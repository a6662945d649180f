-- ===== src/Zigbee/Steps.antt =====
-- The frames of the serial line as steps of the box of core_daemon/device.c.
use mathlib.Core.Path.{subst}
use hsbsw.Prelude.{
  ℕ, ◌+◌, ◌^◌, ◌<◌, ◌≡◌, ◌≢◌, arith, none, some, ◌==◌, Bool-cases, Option-cases, inl, inr,
}
use hsbsw.Codes.WorkMode
use hsbsw.Device.Types.{World, sample_op}
use hsbsw.Device.Find.{find_drv}
use hsbsw.Device.Event.{dev_status_updated, dev_sensor_triggered, dev_sensor_recovered, dev_ir_key}
use hsbsw.Codes.EvtType
use hsbsw.Device.System.{Step, Reach}
use hsbsw.Network.Field.{Buf, get_u16, advance}
use hsbsw.Zigbee.{CzBox, cz_drv, cz_dev_info, cz_key, cz_event, cz_status_updated}
use hsbsw.Zigbee.Frame.{deal_answer, deal_recv_buf, deal_unsolicited, monitor_frame}
use hsbsw.Zigbee.Ops.{memcpy}
use hsbsw.Zigbee.Cases.{
  >>=-some, deal_unsolicited_cases, monitor_frame_cases, cz_register_device_cases,
}

Step-Reach : {w w' : World} → Step w w' → Reach w w'
Step-Reach s = Reach.next Reach.here s

cz_key-Reach : (key : ℕ) (w : World) → Reach w (cz_key key w).1
unfolding cz_key
cz_key-Reach key w = elim (Bool-cases (key == WorkMode.home)) [
  | inl a ↦ rw a (Step-Reach (Step.sets_mode key))
  | inr a ↦ elim (Bool-cases (key == WorkMode.outside)) [
    | inl c ↦ rw (a, c) (Step-Reach (Step.sets_mode key))
    | inr c ↦ elim (Bool-cases (key == WorkMode.guard)) [
      | inl d ↦ rw (a, c, d) (Step-Reach (Step.sets_mode key))
      | inr d ↦ rw (a, c, d) Reach.here
    ]
  ]
]

cz_event-Reach :
    (devid id param param2 : ℕ) (w : World) → Reach w (cz_event devid id param param2 w)
unfolding cz_event dev_sensor_triggered dev_sensor_recovered dev_ir_key
cz_event-Reach devid id param param2 w = elim (Bool-cases (id == 0)) [
  | inl a ↦ rw a (Step-Reach (Step.happens devid EvtType.sensor_triggered param 0))
  | inr a ↦ elim (Bool-cases (id == 1)) [
    | inl c ↦ rw (a, c) (Step-Reach (Step.happens devid EvtType.sensor_recovered param 0))
    | inr c ↦ elim (Bool-cases (id == 2)) [
      | inl d ↦ rw (a, c, d) (cz_key-Reach param w)
      | inr d ↦ elim (Bool-cases (id == 3)) [
        | inl f ↦ rw (a, c, d, f) (Step-Reach (Step.happens devid EvtType.ir_key param param2))
        | inr f ↦ rw (a, c, d, f) Reach.here
      ]
    ]
  ]
]

cz_status_updated-Reach :
    (devid id val : ℕ) (w : World) → Reach w (cz_status_updated devid id val w)
unfolding cz_status_updated dev_status_updated
cz_status_updated-Reach devid id val w =
    Step-Reach (Step.happens devid EvtType.status_updated id val)

-- What a driver needs to report a device.
module _ (b : CzBox) (known : find_drv b.world.cb.driverq cz_drv.id ≢ none)
    (small : b.world.cb.dev_id + 1 < 2 ^ 32) where
  deal_unsolicited-Reach :
      (ptr : Buf) (cmd rlen short_addr end_point ret : ℕ) (b' : CzBox)
      → deal_unsolicited ptr cmd rlen short_addr end_point b ≡ some (ret, b')
      → Reach b.world b'.world
  deal_unsolicited-Reach ptr cmd rlen short_addr end_point ret b' =
      deal_unsolicited_cases (λ c. Reach b.world c.world) b b' ret ptr cmd rlen short_addr end_point
        Reach.here (λ pdev id param param2. cz_event-Reach pdev.id id param param2 b.world)
        (λ pdev id val. cz_status_updated-Reach pdev.id id val b.world)
        (λ info r c.
          cz_register_device_cases (λ d. Reach b.world d.world) short_addr end_point info b c r
            Reach.here
            (λ r' devid w e q.
              Step-Reach
                (Step.comes cz_drv.id (cz_dev_info info) sample_op r' devid w known small e)))

  deal_answer-world :
      (buf : Buf) (len trans_id ret : ℕ) (b' : CzBox)
      → deal_answer buf len trans_id b ≡ some (ret, b')
      → b.world ≡ b'.world
  unfolding deal_answer
  deal_answer-world buf len trans_id ret b' e =
      elim (Option-cases (memcpy b.ctl.recv_buf buf len)) [
        | inl m ↦ ground (arith, m, e)
        | inr (c, m) ↦ ground (arith, m, e)
      ]

  deal_recv_buf-Reach :
      (buf : Buf) (len ret : ℕ) (b' : CzBox)
      → deal_recv_buf buf len b ≡ some (ret, b')
      → Reach b.world b'.world
  unfolding deal_recv_buf
  deal_recv_buf-Reach buf len ret b' e =
      let (short_addr, e1, e) = >>=-some (get_u16 buf 6) _ _ e in
      let (end_point, e2, e) = >>=-some (get_u16 buf 8) _ _ e in
      let (trans_id, e3, e) = >>=-some (get_u16 buf 10) _ _ e in
      let (cmd, e4, e) = >>=-some (get_u16 (advance 12 buf) 0) _ _ e in
      let (rlen, e5, e) = >>=-some (get_u16 (advance 12 buf) 2) _ _ e in
      elim (Bool-cases (0 == trans_id)) [
        | inl z ↦
            deal_unsolicited-Reach (advance 12 buf) cmd rlen short_addr end_point ret b'
              (ground (arith, z, e))
        | inr z ↦
            subst (Reach b.world) (deal_answer-world buf len trans_id ret b' (ground (arith, z, e)))
              Reach.here
      ]

  -- Whatever bytes come in on the serial line, a frame that is dealt with without a fault is steps of
  -- the box, while the driver is loaded and the counter of the ids does not wrap: so it keeps what
  -- every step keeps.
  pub monitor_frame-Reach :
      (rbuf : Buf) (nread : ℕ) (body : ℕ → ℕ) (ret : ℕ) (b' : CzBox)
      → monitor_frame rbuf nread body ret b ≡ some b'
      → Reach b.world b'.world
  monitor_frame-Reach rbuf nread body ret b' =
      monitor_frame_cases (λ c. Reach b.world c.world) rbuf nread body ret b b' Reach.here
        (λ r cmd_len ret' c. deal_recv_buf-Reach r cmd_len ret' c)
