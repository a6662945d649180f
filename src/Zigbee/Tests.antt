-- ===== src/Zigbee/Tests.antt =====
-- A sensor on the serial line: its frames, and the answer to a request.
use mathlib.Core.List.{Nodup-nil, not-mem-nil}
use hsbsw.Prelude.{
  ℕ, ◌+◌, ◌<◌, ◌≡◌, ◌≢◌, ◌↔◌, refl, arith, true, false, List, [], ◌∷◌, none, some, get_or,
}
use hsbsw.Codes.Error
use hsbsw.Device.Types.{Action, World}
use hsbsw.Device.Find.{find_drv, get_dev_id_list}
use hsbsw.Device.System.{Reach}
use hsbsw.Device.System.Invariant.{IsValid}
use hsbsw.Network.Field.{Buf, get_u16}
use hsbsw.Zigbee.{CzDev, CzBox, cz_drv, cz_status_updated, cz_find_by_id, cz_find_by_short_addr}
use hsbsw.Zigbee.Ops.{action_frame, sample_set_action, memcpy}
use hsbsw.Zigbee.Frame.{
  monitor_frame, read_into, deal_recv_buf, deal_answer, deal_unsolicited, deal_status_changed,
}
use hsbsw.Zigbee.Steps.{monitor_frame-Reach}
use hsbsw.Zigbee.Answers.{overlay, received, chosen, receive_all-latest, receive_all-zero}
use hsbsw.Zigbee.Requests.{waiting, sample_set_action-verdict}
use hsbsw.Zigbee.Bounds.{monitor_frame-none_iff}

-- An array of 256 bytes that begins with these.
abbrev array : List ℕ → Buf
array bytes = record { size = 256; byte = λ i. get_or bytes i 0 }

abbrev sensor : CzDev
sensor = record {
  id = 7;
  short_addr = 9;
  end_point = 10;
  idle_time = 0;
  info = record {
    dev_class = 1;
    interface = 2;
    mac = 1 ∷ 2 ∷ 3 ∷ 4 ∷ 5 ∷ 6 ∷ 7 ∷ 8 ∷ [];
    status_bm = 0;
    event_bm = 0;
    action_bm = 0;
  };
}

abbrev world : World
world = record {
  cb = record {
    queue = [];
    offq = [];
    driverq = cz_drv ∷ [];
    dev_id = 1;
    work_mode = 0;
    sec_today = 0;
    async = record { data_queue = []; active = true; mem = true };
  };
  pool = [];
}

world-IsValid : IsValid world.cb
unfolding get_dev_id_list
world-IsValid = record {
  online = tt;
  offline = tt;
  ids = record { distinct = Nodup-nil; fresh = λ i m. absurd (not-mem-nil m) };
}

-- A request with this transaction id may wait.
abbrev box : ℕ → CzBox
box t = record {
  queue = sensor ∷ [];
  ctl = record {
    is_waiting = true;
    send_buf = array [];
    recv_buf = array [];
    send_len = 0;
    recv_len = 0;
    trans_id = t;
  };
  world = world;
}

-- The header of a frame of 20 bytes with a transaction id, and status 1 is 1.
abbrev changed : ℕ → List ℕ
changed t =
    0xaa ∷ 0x55 ∷ 20 ∷ 0 ∷ 0 ∷ 0 ∷ 9 ∷ 0 ∷ 10 ∷ 0 ∷ t ∷ 0 ∷ 0x14 ∷ 0x91 ∷ 8 ∷ 0 ∷ 1 ∷ 0 ∷ 1 ∷ 0 ∷ []

-- A RESULT of 18 bytes, with result 1.
abbrev answer : ℕ → List ℕ
answer t = 0xaa ∷ 0x55 ∷ 18 ∷ 0 ∷ 0 ∷ 0 ∷ 9 ∷ 0 ∷ 10 ∷ 0 ∷ t ∷ 0 ∷ 0x91 ∷ 0x91 ∷ 6 ∷ 0 ∷ 1 ∷ 0 ∷ []

world_has_driver : find_drv world.cb.driverq cz_drv.id ≢ none
unfolding find_drv
world_has_driver = ground arith

monitor_frame-Reach_example : Reach world (cz_status_updated 7 1 1 world)
unfolding monitor_frame read_into deal_recv_buf deal_unsolicited deal_status_changed get_u16
    cz_find_by_short_addr
monitor_frame-Reach_example =
    monitor_frame-Reach (box 1) world_has_driver (omega arith) (array (changed 0)) 12
      (λ i. get_or (changed 0) (12 + i) 0) 8
      (record (box 1) { world = cz_status_updated 7 1 1 world }) refl

-- A frame that says it has 300 bytes.
monitor_frame-none_iff_example :
    (monitor_frame (array (0xaa ∷ 0x55 ∷ 44 ∷ 1 ∷ [])) 12 (λ i. 0) 288 (box 1) ≡ none)
    ↔ (256 < 12 + 288)
unfolding get_u16
monitor_frame-none_iff_example =
    monitor_frame-none_iff (box 1) world-IsValid refl (array (0xaa ∷ 0x55 ∷ 44 ∷ 1 ∷ [])) 300
      (λ i. 0) 288 refl refl refl refl (omega arith) (omega arith)

-- A notification, the answer to an earlier request, and the answer.
abbrev frames : List (Buf × ℕ)
frames = (array (changed 0), 20) ∷ (array (answer 4), 18) ∷ (array (answer 5), 18) ∷ []

-- The box once it has the answer.
abbrev answered : CzBox → CzBox
answered b = record b {
  ctl = overlay b.ctl (array (answer 5)) 18;
  world = cz_status_updated 7 1 1 b.world;
}

receive_all-latest_example :
    received (answered (box 5)).ctl ≡ chosen (received (box 5).ctl) (some (array (answer 5), 18))
unfolding deal_recv_buf deal_unsolicited deal_status_changed deal_answer memcpy get_u16
    cz_find_by_short_addr
receive_all-latest_example =
    receive_all-latest frames (box 5) (answered (box 5)) refl (omega arith) refl

receive_all-zero_example :
    (record (box 0) { world = cz_status_updated 7 1 1 world }).ctl ≡ (box 0).ctl
unfolding deal_recv_buf deal_unsolicited deal_status_changed deal_answer get_u16
    cz_find_by_short_addr
receive_all-zero_example =
    receive_all-zero frames (box 0) (record (box 0) { world = cz_status_updated 7 1 1 world }) refl
      refl

abbrev action : Action
action = record { devid = 7; id = 2; param1 = 1; param2 = 5 }

-- The frame of the request.
abbrev sent : Buf
sent = elim (action_frame (λ i. 0xcd) action sensor 5) [ none ↦ array [] | some w ↦ w ]

sample_set_action-verdict_example :
    sample_set_action (λ i. 0xcd) (λ b. (false, answered b)) action (box 5)
    ≡ some (
      Error.ok,
      record (answered (waiting sent 24 (box 5))) {
        ctl = record ((answered (waiting sent 24 (box 5))).ctl) {
          is_waiting = false;
          trans_id = 6;
        };
      },
    )
unfolding cz_find_by_id action_frame deal_recv_buf deal_unsolicited deal_status_changed deal_answer
    memcpy get_u16 cz_find_by_short_addr
sample_set_action-verdict_example =
    sample_set_action-verdict (λ i. 0xcd) (λ b. (false, answered b)) action (box 5)
      (answered (waiting sent 24 (box 5))) sensor sent frames (array (answer 5)) 18 refl refl
      (omega arith) (omega arith) (omega arith) refl (omega arith) refl refl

* Work task
Write out exactly the lines above from the line with "cz_event-Reach devid id" through the line with "(cz_key-Reach param w)", both of them included, and leave out all other lines.

* Exercise answer
cz_event-Reach devid id param param2 w = elim (Bool-cases (id == 0)) [
  | inl a ↦ rw a (Step-Reach (Step.happens devid EvtType.sensor_triggered param 0))
  | inr a ↦ elim (Bool-cases (id == 1)) [
    | inl c ↦ rw (a, c) (Step-Reach (Step.happens devid EvtType.sensor_recovered param 0))
    | inr c ↦ elim (Bool-cases (id == 2)) [
      | inl d ↦ rw (a, c, d) (cz_key-Reach param w)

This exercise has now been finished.